Si le passage maritime d’une cinquantaine de kilomètres est principalement connu en raison de son importance pour les industries du pétrole et du gaz — près de 20 % du pétrole et 20 % du gaz naturel liquéfié consommés mondialement y transitent chaque année —, d’autres produits font aussi leur bout de chemin par ce détroit reliant le golfe Persique à celui d’Oman.
En plus du pétrole brut, les pays de la région exportent de nombreux produits qui y sont liés, notamment des engrais et du plastique, note Miloud Chennoufi, professeur de relations internationales au Collège des Forces canadiennes de Toronto. Ils sont aussi des importateurs de biens de consommation, et dépendent du commerce avec l’Europe et le reste de l’Asie en la matière.
Les pays du golfe Persique, comme les Émirats arabes unis, le Qatar ou le Koweït, subissent donc les répercussions économiques importantes de la fermeture de leur principale — voire unique, pour certains — voie maritime commerciale. Et puisque les pays qui exportent vers la région sont aussi touchés, l’effet domino du blocus sur l’économie mondiale va en fin de compte se faire ressentir jusqu’au Canada — notamment par de l’inflation, souligne M. Chennoufi.

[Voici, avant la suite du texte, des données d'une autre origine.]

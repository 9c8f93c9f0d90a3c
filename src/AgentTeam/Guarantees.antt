-- ===== src/AgentTeam/Guarantees.antt =====
-- agentTeam/composition.ts: what `composeEffectiveAgents` guarantees when it returns.
use discordagent.Base.{
  String, ◌≡◌, sym, ap, ◌∙◌, subst, some, List, [], ◌∷◌, ◌++◌, Result, ok, arith, >>=-eq-ok,
  throw_if-eq-ok, ◌>>=◌, ◌>>◌, throw_if,
}
use discordagent.Dict.{Dict, get}
use discordagent.Text.Order.{has_text}
use discordagent.AgentTeam.Contracts.{
  Revision, ContractReference, TeamTopologyMember, AgentTeamConfiguration, EffectiveAgent,
  TeamError, repeated_identity, repeated_binding,
}
use discordagent.AgentTeam.Composition.{Indexes, Authorities, or_none}
use discordagent.AgentTeam.Members.{resolve_member, compose_members}
use discordagent.AgentTeam.Maps.{IsIndexOf, Refers, IsFilled}
use discordagent.AgentTeam.Authority.{
  AreIndexes, AreAuthorities, Stands, Stands-of_normalized, role-Stands, operator-Stands,
  assignment-Stands, binding-Stands,
}
use discordagent.AgentTeam.Agents.{
  IsResolved, IsLeastPrivilege, resolve_member-IsLookedUp, resolve_member_links,
  resolve_member_sets, Names-of_reference, has-effective, effective-IsUnique, effective-IsSorted,
  find_identity-Refers, find_role-Refers, find_operator-Refers, find_assignment-Refers,
  find_binding-Refers,
}

-- The entry that a reference led to stands under its own id.
pub own_entry :
    {T : Type 0} (id_of : T → String) (revision_of : T → Revision) (kind : String) (vs : List T)
    (d : Dict T) (reference : ContractReference) (v : T)
    → IsIndexOf id_of revision_of kind vs d
    → Refers id_of revision_of kind d reference v
    → get (id_of v) d ≡ some v
own_entry id_of revision_of kind vs d reference v h f =
    subst (λ i. get i d ≡ some v) (sym (h.keyed reference.id v f.entry)) f.entry

-- The set that a filled map has for an entry stands for the entry's capabilities.
set-Stands :
    {V : Type 0} (id_of : V → String) (body : V → Result TeamError (List String)) (v : V)
    (caps_of : V → List String) (d : Dict V) (rc : Dict (List String)) (s : List String)
    → IsFilled id_of body d [] rc
    → get (id_of v) d ≡ some v
    → get (id_of v) rc ≡ some s
    → ((w : V) (t : List String) → body w ≡ ok t → Stands (caps_of w) t)
    → Stands (caps_of v) s
set-Stands id_of body v caps_of d rc s h at found stands =
    let (t, found', made) = h.filled (id_of v) v at in
    let same : t ≡ s = ground arith in subst (Stands (caps_of v)) same (stands v t made)

module _ (c : AgentTeamConfiguration) (x : Indexes) (a : Authorities) (topology_id : String)
    (indexed : AreIndexes c x) (filled : AreAuthorities c x a) (m : TeamTopologyMember)
    (g : EffectiveAgent) (e : resolve_member x a topology_id m ≡ ok g) where
  resolve_member-IsResolved : IsResolved c m g
  resolve_member-IsResolved =
      let l = resolve_member-IsLookedUp x a topology_id m g e in
      let links = resolve_member_links x a topology_id m g e in
      record {
        identity =
            Names-of_reference _ _ _ c.identities x.identities m.identity g.identity
              indexed.identities
              (find_identity-Refers x "team topology" topology_id m.identity g.identity l.identity);
        role =
            Names-of_reference _ _ _ c.roles x.roles m.role g.role indexed.roles
              (find_role-Refers x "team topology" topology_id m.role g.role l.role);
        assignment =
            Names-of_reference _ _ _ c.assignments x.assignments m.assignment g.assignment
              indexed.assignments
              (find_assignment-Refers x "team topology" topology_id m.assignment g.assignment
                l.assignment);
        binding =
            Names-of_reference _ _ _ c.bindings x.bindings m.binding g.binding indexed.bindings
              (find_binding-Refers x "team topology" topology_id m.binding g.binding l.binding);
        operator_profile =
            Names-of_reference _ _ _ c.operator_profiles x.operator_profiles
              g.assignment.operator_profile g.operator_profile indexed.operators
              (find_operator-Refers x "assignment" g.assignment.id g.assignment.operator_profile
                g.operator_profile l.profile);
        role_identity = links.0;
        assignment_role = links.1;
        binding_identity = links.2;
        binding_assignment = links.3;
      }

  resolve_member-IsLeastPrivilege : IsLeastPrivilege c g
  resolve_member-IsLeastPrivilege =
      let l = resolve_member-IsLookedUp x a topology_id m g e in
      let (r, o, p, b, at_r, at_o, at_p, at_b, eq) = resolve_member_sets x a topology_id m g e in
      let role =
        set-Stands _ _ g.role (λ r. r.authority) x.roles a.role r filled.roles
          (own_entry _ _ _ c.roles x.roles m.role g.role indexed.roles
            (find_role-Refers x "team topology" topology_id m.role g.role l.role))
          at_r (role-Stands x) in
      let operator =
        set-Stands _ _ g.operator_profile (λ q. or_none q.eligible_capabilities) x.operator_profiles
          a.operator o filled.operators
          (own_entry _ _ _ c.operator_profiles x.operator_profiles g.assignment.operator_profile
            g.operator_profile indexed.operators
            (find_operator-Refers x "assignment" g.assignment.id g.assignment.operator_profile
              g.operator_profile l.profile))
          at_o (operator-Stands x) in
      let assignment =
        set-Stands _ _ g.assignment (λ q. q.allowed_capabilities) x.assignments a.assignment p
          filled.assignments
          (own_entry _ _ _ c.assignments x.assignments m.assignment g.assignment indexed.assignments
            (find_assignment-Refers x "team topology" topology_id m.assignment g.assignment
              l.assignment))
          at_p (assignment-Stands x a.role a.operator) in
      let binding =
        set-Stands _ _ g.binding (λ q. q.eligible_capabilities) x.bindings a.binding b
          filled.bindings
          (own_entry _ _ _ c.bindings x.bindings m.binding g.binding indexed.bindings
            (find_binding-Refers x "team topology" topology_id m.binding g.binding l.binding))
          at_b (binding-Stands x a.role) in
      let runtime =
        Stands-of_normalized "runtime safety policy" "runtime" c.runtime_safety.allowed_capabilities
          a.runtime filled.runtime in
      record {
        exact = λ t.
            ap (λ l. has_text l t) eq
            ∙ has-effective r o p b a.runtime t
            ∙ ground (
              arith,
              role.same t,
              operator.same t,
              assignment.same t,
              binding.same t,
              runtime.same t,
            );
        sorted = rw eq (effective-IsSorted r o p b a.runtime);
        unique = rw eq (effective-IsUnique r o p b a.runtime role.unique);
      }

-- What holds of an agent and its member.
pub record IsGranted (c : AgentTeamConfiguration) (m : TeamTopologyMember) (g : EffectiveAgent)
    : Type 0 where
  pub resolved : IsResolved c m g
  pub authority : IsLeastPrivilege c g

-- One agent for each member, in the order of the topology.
pub data AllGranted (c : AgentTeamConfiguration)
    : List TeamTopologyMember → List EffectiveAgent → Type 0 where
  none_left : AllGranted c [] []
  next :
      {m : TeamTopologyMember} {ms : List TeamTopologyMember} {g : EffectiveAgent}
      {gs : List EffectiveAgent}
      → IsGranted c m g
      → AllGranted c ms gs
      → AllGranted c (m ∷ ms) (g ∷ gs)

module _ (c : AgentTeamConfiguration) (x : Indexes) (a : Authorities) (topology_id : String)
    (indexed : AreIndexes c x) (filled : AreAuthorities c x a) where
  pub compose_members-AllGranted :
      (is bs : List String) (ms : List TeamTopologyMember) (gs : List EffectiveAgent)
      → compose_members x a topology_id is bs ms ≡ ok gs
      → AllGranted c ms gs
  unfolding compose_members
  compose_members-AllGranted is bs [] [] e = none_left
  compose_members-AllGranted is bs [] (g ∷ gs) e = absurd (ground arith)
  compose_members-AllGranted is bs (m ∷ ms) gs e =
      let tail : EffectiveAgent → Result TeamError (List EffectiveAgent) = λ g.
        compose_members x a topology_id (is ++ m.identity.id ∷ []) (bs ++ m.binding.id ∷ []) ms
        >>= λ gs'. ok (g ∷ gs') in
      let (new_identity, e₁) =
        throw_if-eq-ok (has_text is m.identity.id) (repeated_identity m.identity.id)
          (throw_if (has_text bs m.binding.id) (repeated_binding m.binding.id)
            >> (resolve_member x a topology_id m >>= tail))
          e in
      let (new_binding, e₂) =
        throw_if-eq-ok (has_text bs m.binding.id) (repeated_binding m.binding.id)
          (resolve_member x a topology_id m >>= tail) e₁ in
      let (g, resolved, e₃) = >>=-eq-ok (resolve_member x a topology_id m) tail e₂ in
      let (gs', rest, e₄) =
        >>=-eq-ok
          (compose_members x a topology_id (is ++ m.identity.id ∷ []) (bs ++ m.binding.id ∷ []) ms)
          (λ l. ok (g ∷ l)) e₃ in
      let same : g ∷ gs' ≡ gs = ground arith in
      subst (AllGranted c (m ∷ ms)) same (
        next
          (record {
            resolved = resolve_member-IsResolved c x a topology_id indexed filled m g resolved;
            authority =
                resolve_member-IsLeastPrivilege c x a topology_id indexed filled m g resolved;
          })
          (compose_members-AllGranted (is ++ m.identity.id ∷ []) (bs ++ m.binding.id ∷ []) ms gs'
            rest))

Hormis l’industrie du pétrole et du gaz naturel, « le commerce qui se fait par le détroit d’Ormuz, c’est un commerce essentiellement régional », modère de son côté Florian Mayneris, professeur au Département des sciences économiques de l’Université du Québec à Montréal. « Pour ce qui est de l’ensemble du monde, y compris le Canada, le plus gros enjeu, c’est vraiment le pétrole et le gaz », résume-t-il.
C’est d’ailleurs pour cette raison que les effets de la crise sur les prix des produits de consommation au Canada ne sont pas aussi immédiats que sur ceux du pétrole, précise Miloud Chennoufi.
Le pétrole, témoin de l’inflation
Yvan Cliche, spécialiste en énergie au Centre d’études et de recherches internationales de l’Université de Montréal, note toutefois que les répercussions de la crise ne se limiteront pas au prix à la pompe. « Sur la planète, on consomme environ 105 millions de barils de pétrole par jour. Et même si sa proportion dans le bouclier énergétique mondial s’est réduite, le pétrole est actif dans un secteur stratégique : celui du transport, de la mobilité. »
« Donc, tout ce qui impacte l’approvisionnement [en pétrole] se répercute évidemment par des coûts plus élevés pour tout ce qui concerne la mobilité terrestre, aérienne et maritime », résume-t-il. En clair, une hausse du coût du pétrole se traduit habituellement par une poussée d’inflation, comme ce fut le cas à la suite de l’invasion russe de l’Ukraine en 2022.
Pour le moment, les conséquences de l’augmentation du coût du baril de pétrole (il a grimpé d’environ 30 $US depuis le début du conflit au Moyen-Orient) ont été légèrement atténuées par le surplus qui était présent sur les marchés avant les frappes israélo-américaines et « les barils de pétrole qui ont été mis en disponibilité par l’Agence internationale de l’énergie », note M. Cliche.
Il reste que tant que le détroit d’Ormuz sera fermé, « on est dans une situation qui est structurellement bâtie pour un mouvement à la hausse des prix du baril — et donc des prix en général », selon lui.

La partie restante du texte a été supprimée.